⟨

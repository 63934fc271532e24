-- ===== src/Modbus/Inverter.antt =====
-- modbus.service.ts: `_applyInverterConfig`.
use cleveremote_box.Base.{
  if◌then◌else◌, ℕ, ◌≡◌, refl, ap, Bool, true, false, not, Option, none, some, List, [], ◌∷◌, All,
  ◌+◌, ◌⊎◌, inl, inr, ◌++◌, arith,
}
use cleveremote_box.Modbus.Params.{resolve_param_address, inverter_address}
use cleveremote_box.Modbus.Requests.{
  failed, Reply, answered, Response, undefined, on_failure, Failure,
}

-- `InverterConfigParam`; a name is the list of its character codes.
pub record InverterConfigParam : Type 0 where
  pub param : List ℕ
  pub value : ℕ
  pub persist : Bool

abbrev is_answered : Reply → Bool
is_answered answered = true
is_answered (failed e) = false

abbrev failure_of : Reply → Response
failure_of answered = undefined
failure_of (failed e) = on_failure e

-- The loop: what is written, in order, and how the call ends. `write` is `client.writeRegister`.
unfoldable pub write_param :
    (ℕ → ℕ → Reply) → ℕ → ℕ → List (ℕ × ℕ) × Response → List (ℕ × ℕ) × Response
unfolding on_failure
write_param write address value rest =
    if is_answered (write address value)
    then ((address, value) ∷ rest.0, rest.1)
    else ([], failure_of (write address value))

unfoldable pub write_at :
    (ℕ → ℕ → Reply)
    → Option ℕ
    → InverterConfigParam
    → List (ℕ × ℕ) × Response
    → List (ℕ × ℕ) × Response
unfolding write_param inverter_address
write_at write none p rest = rest
write_at write (some base) p rest = write_param write (inverter_address p.persist base) p.value rest

unfoldable pub write_params : (ℕ → ℕ → Reply) → List InverterConfigParam → List (ℕ × ℕ) × Response
unfolding resolve_param_address write_at
write_params write [] = ([], undefined)
write_params write (p ∷ ps) =
    write_at write (resolve_param_address p.param) p (write_params write ps)

-- `_applyInverterConfig`
unfoldable pub apply_inverter_config :
    Bool → Reply → (ℕ → ℕ → Reply) → List InverterConfigParam → List (ℕ × ℕ) × Response
unfolding write_params on_failure
apply_inverter_config is_resolved connect write ps =
    if not is_resolved
    then ([], undefined)
    else if is_answered connect
    then write_params write ps
    else ([], failure_of connect)

-- What a parameter asks for: nothing when its name is none, else its value at the address of the name, which is
-- 4096 higher in the EEPROM
abbrev asked : Option ℕ → InverterConfigParam → List (ℕ × ℕ)
asked none p = []
asked (some base) p = (base + (if p.persist then 4096 else 0), p.value) ∷ []

abbrev pub named : List InverterConfigParam → List (ℕ × ℕ)
named [] = []
named (p ∷ ps) = asked (resolve_param_address p.param) p ++ named ps

-- How a call ends that has this left to write
abbrev pub Ends : (ℕ → ℕ → Reply) → List (ℕ × ℕ) → Response → Type 0
Ends write [] r = r ≡ undefined
Ends write ((a, v) ∷ _) r = (e : Failure) × ((write a v ≡ failed e) × (r ≡ on_failure e))

-- The first writes of a list were answered, and the next, if any, failed and ended the call.
abbrev pub Prefix : (ℕ → ℕ → Reply) → List (ℕ × ℕ) → List (ℕ × ℕ) × Response → Type 0
Prefix write wanted outcome =
    (left : List (ℕ × ℕ)) × ((outcome.0 ++ left ≡ wanted)
      × (All (λ (w : ℕ × ℕ). write w.0 w.1 ≡ answered) outcome.0 × Ends write left outcome.1))

inverter_address-sum :
    (persist : Bool) (base : ℕ)
    → inverter_address persist base ≡ base + (if persist then 4096 else 0)
unfolding inverter_address
inverter_address-sum true base = refl
inverter_address-sum false base = omega arith

write_param-Prefix :
    (write : ℕ → ℕ → Reply) (a v : ℕ) (wanted : List (ℕ × ℕ)) (rest : List (ℕ × ℕ) × Response)
    → Prefix write wanted rest
    → Prefix write ((a, v) ∷ wanted) (write_param write a v rest)
unfolding write_param
write_param-Prefix write a v wanted rest (left, (e, (replies, last))) = elim (replied (write a v)) [
  | inl fine ↦ rw (fine) (left, (ap (λ l. (a, v) ∷ l) e, ((fine, replies), last)))
  | inr (f, bad) ↦ rw (bad) ((a, v) ∷ wanted, (refl, (tt, (f, (bad, refl)))))
]
  where
    replied : (r : Reply) → (r ≡ answered) ⊎ ((e : Failure) × (r ≡ failed e))
    replied answered = inl refl
    replied (failed e) = inr (e, refl)

write_at-Prefix :
    (write : ℕ → ℕ → Reply) (o : Option ℕ) (p : InverterConfigParam) (wanted : List (ℕ × ℕ))
    (rest : List (ℕ × ℕ) × Response)
    → Prefix write wanted rest
    → Prefix write (asked o p ++ wanted) (write_at write o p rest)
unfolding write_at
write_at-Prefix write none p wanted rest h = h
write_at-Prefix write (some base) p wanted rest h =
    rw (← inverter_address-sum p.persist base)
      (write_param-Prefix write (inverter_address p.persist base) p.value wanted rest h)

-- Over any bus, the configuration of an inverter writes a prefix of what the parameters name, in order: each
-- value at group * 256 + item of its name, 4096 higher where it persists, and nothing for a text that is no name.
-- Every write of the prefix was answered. The call ends with `undefined` when nothing is left, and else as the
-- failure of the next write makes it end.
pub write_params-prefix :
    (write : ℕ → ℕ → Reply) (ps : List InverterConfigParam)
    → Prefix write (named ps) (write_params write ps)
unfolding write_params
write_params-prefix write [] = ([], (refl, (tt, refl)))
write_params-prefix write (p ∷ ps) =
    write_at-Prefix write (resolve_param_address p.param) p (named ps) (write_params write ps)
      (write_params-prefix write ps)
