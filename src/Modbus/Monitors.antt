-- ===== src/Modbus/Monitors.antt =====
-- modbus.service.ts: the polls of `monitorDigitalOutputs` and `monitorDigitalInputs`. The states
-- that a poll reads, and the time, are its arguments; a poll that fails changes nothing.
use cleveremote_box.Base.{
  set, if◌then◌else◌, leb, ℕ, suc, ◌-◌, Bool, true, false, ◌&&◌, not, Option, none, some, List, [],
  ◌∷◌, same_bool,
}
use cleveremote_box.Engine.Execute.{known}
pub mod Inputs
pub mod Outputs

pub record DigitalOutputChange : Type 0 where
  pub channel : ℕ
  pub previous : Option Bool
  pub current : Bool

-- `current !== previousStates[channel]`; a channel that was not read before is `undefined`.
unfoldable pub differs : Bool → Option Bool → Bool
differs b none = true
differs b (some c) = not (same_bool b c)

-- `states.forEach((current, channel) => …)`, from a channel on
unfoldable pub changes_from : ℕ → List Bool → List Bool → List DigitalOutputChange
changes_from n previous [] = []
changes_from n [] (b ∷ bs) =
    record { channel = n; previous = none; current = b } ∷ changes_from (suc n) [] bs
changes_from n (p ∷ ps) (b ∷ bs) =
    let rest = changes_from (suc n) ps bs in
    if differs b (some p)
    then record { channel = n; previous = some p; current = b } ∷ rest
    else rest

-- A poll of the outputs: the states to remember, and what `onChange` gets. The first poll reports
-- nothing.
unfoldable pub poll_outputs :
    Option (List Bool) → List Bool → Option (List Bool) × List DigitalOutputChange
poll_outputs none states = (some states, [])
poll_outputs (some previous) states = (some states, changes_from 0 previous states)

-- A channel of the inputs: when the press under way began, and whether it was reported
pub record Channel : Type 0 where
  pub press_started_at : Option ℕ
  pub long_press_fired : Bool

-- `heldMs` of a reported press
unfoldable pub poll_channel : ℕ → ℕ → Bool → Channel → Channel × Option ℕ
poll_channel long_press_ms now false c =
    (record { press_started_at = none; long_press_fired = false }, none)
poll_channel long_press_ms now true c = elim c.press_started_at [
  | none ↦ (record c { press_started_at = some now }, none)
  | some t ↦
      if not c.long_press_fired && leb long_press_ms (now - t)
      then (record c { long_press_fired = true }, some (now - t))
      else (c, none)
]

-- The polls of one channel, each with its time; the reports in order
unfoldable pub poll_all : ℕ → List (ℕ × Bool) → Channel → Channel × List ℕ
poll_all long [] c = (c, [])
poll_all long ((now, b) ∷ polls) c =
    let (c', event) = poll_channel long now b c in
    let (c'', events) = poll_all long polls c' in
    (c'', elim event [ none ↦ events | some held ↦ held ∷ events ])

abbrev pub released : Channel
released = record { press_started_at = none; long_press_fired = false }
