-- ===== src/Modbus/Monitors/Inputs.antt =====
-- The polls of `monitorDigitalInputs` in modbus.service.ts while a button is held.
use cleveremote_box.Base.{
  any, leb, if◌then◌else◌, ℕ, ◌-◌, ◌≡◌, refl, ap, Bool, true, false, some, List, [], ◌∷◌, map,
  arith,
}
use cleveremote_box.Modbus.Monitors.{poll_all, poll_channel, released, Channel}

-- While the button stays down: the times of the polls
abbrev pub held_polls : List ℕ → List (ℕ × Bool)
held_polls = map (λ now. (now, true))

-- Whether a poll comes late enough after the start of the press
abbrev pub reaches : ℕ → ℕ → List ℕ → Bool
reaches long start times = any (λ now. leb long (now - start)) times

-- After the report there is no other.
fired_silent :
    (long start : ℕ) (times : List ℕ)
    → poll_all long
        (held_polls times)
        (record { press_started_at = some start; long_press_fired = true })
      ≡ (record { press_started_at = some start; long_press_fired = true }, [])
unfolding poll_all poll_channel
fired_silent long start [] = refl
fired_silent long start (now ∷ times) = rw (fired_silent long start times)

-- Before it there is one, of the first poll that comes late enough.
unfoldable pub first_reach : ℕ → ℕ → List ℕ → List ℕ
first_reach long start [] = []
first_reach long start (now ∷ times) =
    if leb long (now - start) then (now - start) ∷ [] else first_reach long start times

armed_once :
    (long start : ℕ) (times : List ℕ)
    → (poll_all long
        (held_polls times)
        (record { press_started_at = some start; long_press_fired = false })).1
      ≡ first_reach long start times
unfolding poll_all poll_channel first_reach
armed_once long start [] = refl
armed_once long start (now ∷ times) = ground (
  arith,
  ap (λ (x : Channel × List ℕ). x.1) (fired_silent long start times),
  armed_once long start times,
)

-- However long a button stays down after it was released, and however often it is polled, a press
-- is reported at most once: at the first poll that comes `longPressMs` or more after the poll which
-- saw the press begin, with the time between the two. Without such a poll there is no report.
pub press_reported_once :
    (long start : ℕ) (times : List ℕ)
    → (poll_all long ((start, true) ∷ held_polls times) released).1 ≡ first_reach long start times
unfolding poll_all poll_channel
press_reported_once long start times = armed_once long start times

⟩

▶ TO DO: Working from the data above, extract solely the lines from the one containing "changes_from n []" through the one containing "held_polls = map (λ now. (now, true))", exactly as they appear, both included.

▶ ANSWER SPACE:
changes_from n [] (b ∷ bs) =
    record { channel = n; previous = none; current = b } ∷ changes_from (suc n) [] bs
changes_from n (p ∷ ps) (b ∷ bs) =
    let rest = changes_from (suc n) ps bs in
    if differs b (some p)
    then record { channel = n; previous = some p; current = b } ∷ rest
    else rest

-- A poll of the outputs: the states to remember, and what `onChange` gets. The first poll reports
-- nothing.
unfoldable pub poll_outputs :
    Option (List Bool) → List Bool → Option (List Bool) × List DigitalOutputChange
poll_outputs none states = (some states, [])
poll_outputs (some previous) states = (some states, changes_from 0 previous states)

-- A channel of the inputs: when the press under way began, and whether it was reported
pub record Channel : Type 0 where
  pub press_started_at : Option ℕ
  pub long_press_fired : Bool

-- `heldMs` of a reported press
unfoldable pub poll_channel : ℕ → ℕ → Bool → Channel → Channel × Option ℕ
poll_channel long_press_ms now false c =
    (record { press_started_at = none; long_press_fired = false }, none)
poll_channel long_press_ms now true c = elim c.press_started_at [
  | none ↦ (record c { press_started_at = some now }, none)
  | some t ↦
      if not c.long_press_fired && leb long_press_ms (now - t)
      then (record c { long_press_fired = true }, some (now - t))
      else (c, none)
]

-- The polls of one channel, each with its time; the reports in order
unfoldable pub poll_all : ℕ → List (ℕ × Bool) → Channel → Channel × List ℕ
poll_all long [] c = (c, [])
poll_all long ((now, b) ∷ polls) c =
    let (c', event) = poll_channel long now b c in
    let (c'', events) = poll_all long polls c' in
    (c'', elim event [ none ↦ events | some held ↦ held ∷ events ])

abbrev pub released : Channel
released = record { press_started_at = none; long_press_fired = false }
-- ===== src/Modbus/Monitors/Inputs.antt =====
-- The polls of `monitorDigitalInputs` in modbus.service.ts while a button is held.
use cleveremote_box.Base.{
  any, leb, if◌then◌else◌, ℕ, ◌-◌, ◌≡◌, refl, ap, Bool, true, false, some, List, [], ◌∷◌, map,
  arith,
}
use cleveremote_box.Modbus.Monitors.{poll_all, poll_channel, released, Channel}

-- While the button stays down: the times of the polls
abbrev pub held_polls : List ℕ → List (ℕ × Bool)
held_polls = map (λ now. (now, true))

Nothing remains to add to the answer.